# Bad Luck With Mantis's



## Twitch (Aug 23, 2008)

Well after my first mantis needed an amputation I found another free roaming one outside (chinese).

This guy was a lot bigger and he just had his first molt today. After the molt his left arm doesn't seem to unfold after the last joint that would be under his chin. I hope that makes sense, but the 'grabbing' area of his arm where he would hold his prey won't open. He seems to flex it a bit but so far it hasn't opened. He just molted this afternoon though.

Is this something that might fix itself?

Kurt


----------



## The_Asa (Aug 23, 2008)

I've never experienced this before. How do you know that his arm is stuck shut?


----------



## Twitch (Aug 23, 2008)

The_Asa said:


> I've never experienced this before. How do you know that his arm is stuck shut?


Well I guess I don't 'know' it's stuck shut but it sure seems like it is. He seems to reach with that arm trying to climb like he's expecting it to unfold only it won't unfold and I can kind of see him flexing it a bit as if trying to open it.

Kurt


----------



## idolomantis (Aug 23, 2008)

never even heard of that before..


----------



## The_Asa (Aug 23, 2008)

Can you see any dead skin still attached to the mantids arm?


----------



## Twitch (Aug 23, 2008)

The_Asa said:


> Can you see any dead skin still attached to the mantids arm?

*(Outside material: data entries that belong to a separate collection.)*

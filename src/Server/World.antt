-- ===== src/Server/World.antt =====
-- The server with all its connections, and what can happen next: every step of every goroutine of
-- server/server.go and server/handler.go, in any order.
pub mod Queued
use net_cat.Base.{Bytes, ℕ, ◌==◌, Bool, true, ◌≡◌, List, Option, none, some, if◌then◌else◌}
use net_cat.Base.Heap.{update}
use net_cat.Models.{Time}
use net_cat.Client.{Client, new_client}
use net_cat.Logger.{Disk}
use net_cat.Server.{Server, Now}
use net_cat.Server.Session.{Phase, ReadError}
use net_cat.Server.Session.Steps.{Signal, on_line, on_read_error, on_signal, on_join}
use net_cat.Server.Heartbeat.{Event, heartbeat_round}
use net_cat.Server.Listener.{start, boot, accept_connection, Wake, watch_round}
use net_cat.Server.Operator.Dispatch.{operator_dispatch}
use net_cat.Server.Shutdown.{begin_shutdown, finish_shutdown}

-- The phase of each connection that has been accepted, by its client's address.
pub record World : Type 0 where
  pub server : Server
  pub phase_of : ℕ → Option Phase

-- A connection has taken a step.
abbrev pub moved : World → ℕ → Phase × Server → World
moved w c (p, t) = record { server = t; phase_of = update w.phase_of c (some p) }

pub data Step (w : World) : World → Type 0 where
  accepts :
      (now : Now) (c : ℕ) (ip : Bytes)
      → w.phase_of c ≡ none
      → w.server.heap c ≡ new_client ip
      → Step w (moved w c (accept_connection now c ip w.server))
  reads :
      (now : Now) (c : ℕ) (p : Phase) (line : Bytes)
      → w.phase_of c ≡ some p
      → Step w (moved w c (on_line now c p line w.server))
  fails :
      (now : Now) (c : ℕ) (p : Phase) (e : ReadError)
      → w.phase_of c ≡ some p
      → Step w (moved w c (on_read_error now c p e w.server))
  is_signalled :
      (c : ℕ) (signal : Signal) (p : Phase)
      → w.phase_of c ≡ some p
      → Step w (moved w c (on_signal c signal p w.server))
  joins :
      (now : Now) (c : ℕ) (p : Phase)
      → w.phase_of c ≡ some p
      → Step w (moved w c (on_join now c p w.server))
  beats :
      (interval timeout c : ℕ) (event : Event)
      → Step w (record w { server = (heartbeat_round interval timeout c event w.server).1 })
  operates :
      (now : Now) (input : Bytes)
      → Step w (record w { server = operator_dispatch now input w.server })
  wakes : (wake : Wake) → Step w (record w { server = (watch_round wake w.server).1 })
  begins_shutdown : Step w (record w { server = begin_shutdown w.server })
  finishes_shutdown : (now : Now) → Step w (record w { server = finish_shutdown now w.server })

-- What can be reached from a world.
pub data Reach (v : World) : World → Type 0 where
  here : Reach v v
  later : {w x : World} → Reach v w → Step w x → Reach v x

-- A process that has started, with no connection yet.
pub record IsStarted (w : World) : Type 0 where
  pub read_time : Bytes → Option Time
  pub port : Bytes
  pub made : Bool
  pub now : Now
  pub heap : ℕ → Client
  pub disk : Disk
  pub names : Option (List Bytes)
  pub starts : start read_time true now (boot port made now heap disk names) ≡ some w.server
  pub nobody : (c : ℕ) → w.phase_of c ≡ none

I looked but I didn't see any, since he was still so new after moulting I didn't want to take him out to really look that carefully. I guess I'll let him be for tonight and try and look tomorrow more closely. The arm appears to be fine other than it doesn't seem to open.

Kurt


----------



## idolomantis (Aug 23, 2008)

maybe it needs time. my arm is stuck sometimes and after a while it opens again. but i,m a complete diffrent weird creature ofcourse


----------



## The_Asa (Aug 23, 2008)

A good way to test (tomorrow) is to send in some food and see how he reacts and if he can catch it.


----------



## Twitch (Aug 23, 2008)

I was just looking at him again and I think something is for sure not right, you know when a mantis is just hanging there he has his arms up in a 'praying' position the claw part is relaxed slightly, not real tightly closed, well his right arm is like that but his left arm that doesn't seem to open is closed very tightly so there is no real gap between to two sides of the claw.

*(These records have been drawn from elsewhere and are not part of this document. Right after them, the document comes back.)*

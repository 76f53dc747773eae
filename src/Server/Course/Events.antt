-- ===== src/Server/Course/Events.antt =====
-- The course of new connections, heartbeats, midnight, the start and the shutdown, server/server.go.
use net_cat.Base.{
  Bytes, bytes_eq, ◌+◌, ◌==◌, ==_iff, ℕ, true, ltb, ◌≡◌, refl, sym, subst, List, [], ◌∷◌, Option,
  none, some, inl, inr, Bool-cases, Option-cases, append-nil, arith,
}
use net_cat.Base.Assoc.{Assoc, lookup}
use net_cat.Base.Heap.{update}
use net_cat.Client.{Client, new_client, close, is_closed, get_last_input}
use net_cat.Server.{Server, Room, Now, is_set, is_shutting_down}
use net_cat.Server.Names.{extract_host}
use net_cat.Server.Clients.{track_client}
use net_cat.Server.Moderation.{is_ip_blocked}
use net_cat.Server.History.{clear_rooms, clear_history}
use net_cat.Server.Session.{
  write_and_close, reject_shutdown, reject_blocked, reject_connection, open_connection,
}
use net_cat.Server.Heartbeat.{
  Probe, written, failed, timed_out, client_done, server_quit, Event, tick, done, quit, write_probe,
  drop_connection, after_probe, on_tick, heartbeat_round,
}
use net_cat.Server.Listener.{accept_connection, Wake, midnight, watch_round}
use net_cat.Server.Shutdown.{
  send_tracked, begin_shutdown, close_tracked, close_log, finish_shutdown,
}
use net_cat.Server.Course.{is_expelled, queue_in, In, IsThere, After, same, unseen, ◌⨾◌, either}
use net_cat.Server.Course.Keep.{reheaped, on_client-After, log_to-After, send_to-After}
use net_cat.Server.Course.Moderate.{close-After}
use net_cat.Server.Course.Sessions.{Fares}
use net_cat.Server.Course.Onboard.{untrack_client-After}
use net_cat.Server.Course.Steps.{set_disconnect_reason-After}

is_ip_blocked-After : (now : Now) (ip : Bytes) (s : Server) → After [] (is_ip_blocked now ip s).1 s
unfolding is_ip_blocked
is_ip_blocked-After now ip s = elim (Bool-cases (is_set (extract_host ip) s.banned_ips)) [
  | inl b ↦ rw (b, is_ip_blocked) same
  | inr b ↦ elim (Option-cases (lookup (extract_host ip) s.kicked_ips)) [
    | inl e ↦ rw (b, e, is_ip_blocked) same
    | inr (expiry, e) ↦ elim (Bool-cases (ltb now.instant expiry)) [
      | inl l ↦ rw (b, e, l, is_ip_blocked) same
      | inr l ↦ rw (b, e, l, is_ip_blocked) (unseen refl)
    ]
  ]
]

write_and_close-After : (c : ℕ) (text : Bytes) (s : Server) → After [] (write_and_close c text s) s
unfolding write_and_close close
write_and_close-After c text s = on_client-After c _ s (λ h. refl) (λ h. h) refl

reject_shutdown-After : (c : ℕ) (s : Server) → After [] (reject_shutdown c s).1 s
unfolding reject_shutdown
reject_shutdown-After c s = elim (Bool-cases (is_shutting_down s)) [
  | inl q ↦ rw (q, reject_shutdown) (write_and_close-After c _ s)
  | inr q ↦ rw (q, reject_shutdown) same
]

reject_blocked-After :
    (c : ℕ) (o : Option Bytes) (s : Server) → After [] (reject_blocked c (o, s)).1 s
unfolding reject_blocked
reject_blocked-After c (some reason) s = write_and_close-After c reason s
reject_blocked-After c none s = reject_shutdown-After c s

reject_connection-After :
    (now : Now) (c : ℕ) (s : Server) → After [] (reject_connection now c s).1 s
unfolding reject_connection
reject_connection-After now c s =
    reject_blocked-After c _ _ ⨾ is_ip_blocked-After now (s.heap c).ip s

track_client-After : (c : ℕ) (s : Server) → After [] (track_client c s) s
unfolding track_client
track_client-After c s = unseen refl

open_connection-Fares : (now : Now) (c : ℕ) (s : Server) → Fares c s (open_connection now c s)
unfolding open_connection
open_connection-Fares now c s =
    let (rejected, t) = reject_connection now c (track_client c s) in
    let opened = reject_connection-After now c (track_client c s) ⨾ track_client-After c s in
    elim (Bool-cases rejected) [
      | inl e ↦ rw (e, open_connection) (untrack_client-After c t ⨾ opened, tt)
      | inr e ↦ rw (e, open_connection) (send_to-After c _ t ⨾ opened, tt)
    ]

-- A new connection's client is as `NewClient` makes it.
pub accept_connection-Fares :
    (now : Now) (c : ℕ) (ip : Bytes) (s : Server)
    → s.heap c ≡ new_client ip
    → Fares c s (accept_connection now c ip s)
unfolding accept_connection
accept_connection-Fares now c ip s e =
    let (later, holds) =
      open_connection-Fares now c (record s { heap = update s.heap c (new_client ip) }) in
    (
      later ⨾ record {
        course = reheaped _ _ (λ i h. same_done i h) (λ i h. same_reason i h) (λ i. same_ip i);
      },
      holds,
    )
  where
    same_done : (i : ℕ) → (s.heap i).done ≡ true → (update s.heap c (new_client ip) i).done ≡ true
    same_done i h = ground (arith, ==_iff c i)

    same_reason :
        (i : ℕ)
        → is_expelled (s.heap i).disconnect_reason ≡ true
        → is_expelled (update s.heap c (new_client ip) i).disconnect_reason ≡ true
    same_reason i h = elim (Bool-cases (c == i)) [
      | inl t ↦ rw t (
          subst (λ (d : Client). is_expelled d.disconnect_reason ≡ true)
            (subst (λ (x : ℕ). s.heap x ≡ new_client ip) ((==_iff c i).0 t) e) h)
      | inr t ↦ rw t h
    ]

    same_ip : (i : ℕ) → (update s.heap c (new_client ip) i).ip ≡ (s.heap i).ip
    same_ip i = ground (arith, ==_iff c i)

drop_connection-After : (c : ℕ) (s : Server) → After [] (drop_connection c s) s
unfolding drop_connection
drop_connection-After c s = close-After [] c _ ⨾ set_disconnect_reason-After c _ s

after_probe-After :
    (timeout c : ℕ) (probe : Probe) (s : Server) → After [] (after_probe timeout c probe s).1 s
unfolding after_probe write_probe
after_probe-After timeout c (written elapsed) s =
    let probed = on_client-After {leaving = []} c write_probe s (λ h. h) (λ h. h) refl in
    either _ (send_to-After c _ _ ⨾ probed) probed
after_probe-After timeout c failed s = drop_connection-After c s
after_probe-After timeout c timed_out s = drop_connection-After c s
after_probe-After timeout c client_done s = same
after_probe-After timeout c server_quit s = same

on_tick-After :
    (interval timeout c instant : ℕ) (probe : Probe) (s : Server)
    → After [] (on_tick interval timeout c instant probe s).1 s
unfolding on_tick
on_tick-After interval timeout c instant probe s = elim (Bool-cases (is_closed (s.heap c))) [
  | inl e ↦ rw (e, on_tick) same
  | inr e ↦ elim (Bool-cases (ltb instant (get_last_input (s.heap c) + interval))) [
    | inl r ↦ rw (e, r, on_tick) same
    | inr r ↦ rw (e, r, on_tick) (after_probe-After timeout c probe s)
  ]
]

pub heartbeat_round-After :
    (interval timeout c : ℕ) (event : Event) (s : Server)
    → After [] (heartbeat_round interval timeout c event s).1 s
unfolding heartbeat_round
heartbeat_round-After interval timeout c (tick instant probe) s =
    on_tick-After _ _ c instant probe s
heartbeat_round-After interval timeout c done s = same
heartbeat_round-After interval timeout c quit s = same

send_tracked-After : (msg : Bytes) (cs : List ℕ) (s : Server) → After [] (send_tracked msg cs s) s
unfolding send_tracked
send_tracked-After msg [] s = same
send_tracked-After msg (c ∷ cs) s = send_tracked-After msg cs _ ⨾ send_to-After c msg s

quitting : (s : Server) → After [] (record s { quit = true }) s
quitting s = record {
  course = record {
    quits = λ h. refl;
    same_default = refl;
    has_default = λ h. h;
    closed = λ i h. h;
    expelled = λ i h. h;
    address = λ i. refl;
    admits = λ id h. h;
    counts = omega arith;
    logs = λ path. ([], sym (append-nil _));
    stays = λ room e h. inl h;
    comes = λ room e h. inl h;
  };
}

pub begin_shutdown-After : (s : Server) → After [] (begin_shutdown s) s
unfolding begin_shutdown
begin_shutdown-After s = send_tracked-After _ _ _ ⨾ quitting s

close_tracked-After : (cs : List ℕ) (s : Server) → After [] (close_tracked cs s) s
unfolding close_tracked
close_tracked-After [] s = same
close_tracked-After (c ∷ cs) s = close_tracked-After cs _ ⨾ close-After [] c s

close_log-After : (s : Server) → After [] (close_log s) s
unfolding close_log
close_log-After s = elim (Option-cases s.logger) [
  | inl e ↦ rw (e, close_log) (unseen refl)
  | inr (l, e) ↦ rw (e, close_log) (unseen refl)
]

pub finish_shutdown-After : (now : Now) (s : Server) → After [] (finish_shutdown now s) s
unfolding finish_shutdown
finish_shutdown-After now s = close_log-After _ ⨾ log_to-After _ _ ⨾ close_tracked-After _ s

clear_rooms-queue :
    (room : Bytes) (m : Assoc Room)
    → queue_in (lookup room (clear_rooms m)) ≡ queue_in (lookup room m)
unfolding clear_rooms lookup
clear_rooms-queue room [] = refl
clear_rooms-queue room ((name, r) ∷ m) = ground (arith, clear_rooms-queue room m)

clear_rooms-IsThere :
    (room : Bytes) (m : Assoc Room)
    → IsThere (lookup room m)
    → IsThere (lookup room (clear_rooms m))
unfolding clear_rooms lookup
clear_rooms-IsThere room [] h = h
clear_rooms-IsThere room ((name, r) ∷ m) h = elim (Bool-cases (bytes_eq name room)) [
  | inl e ↦ rw e tt
  | inr e ↦ rw e (clear_rooms-IsThere room m (rw e at h))
]

pub watch_round-After : (wake : Wake) (s : Server) → After [] (watch_round wake s).1 s
unfolding watch_round clear_history
watch_round-After midnight s = record {
  course = record {
    quits = λ h. h;
    same_default = refl;
    has_default = clear_rooms-IsThere s.default_room s.rooms;
    closed = λ i h. h;
    expelled = λ i h. h;
    address = λ i. refl;
    admits = λ id h. h;
    counts = omega arith;
    logs = λ path. ([], sym (append-nil _));
    stays = λ room e h. inl (subst (In e) (sym (clear_rooms-queue room s.rooms)) h);
    comes = λ room e h. inl (subst (In e) (clear_rooms-queue room s.rooms) h);
  };
}
watch_round-After Wake.quit s = same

I looked at the shedded skin and it had the arms in a relaxed position and both the arms on the shedded skin seem to be intact so I'm not sure if it could still be a piece of old skin holding it closed or not.

Kurt


----------



## Rick (Aug 24, 2008)

Don't worry. I go through spells with mantids where it seems nothing goes right.


----------



## Twitch (Aug 24, 2008)

I had a chance to check out my mantis more today. He was able to unstick his arm over night but a couple more times today it got stuck again. It's like when he tightly folds up his arms it somehow gets stuck and he can't open it again. Once he got it unstuck again by himself but the other time I helped him out with a toothpick.

It's probably not going to impact his lifestyle all that much, I think he'll be able to catch his food still (he didn't seem interested in eating today). I guess we all have our problems.

In other news this is the first molt where I can clearly see his wings starting to form. How close is he to being an adult?

Thanks for all your help,

Kurt


----------



## The_Asa (Aug 24, 2008)

He is either pre sub or sub adult.


----------



## collinchang635 (Aug 25, 2008)

It would probably molt one or two more times. BTW try handfeeding your mantid and see if it will catch the prey.


----------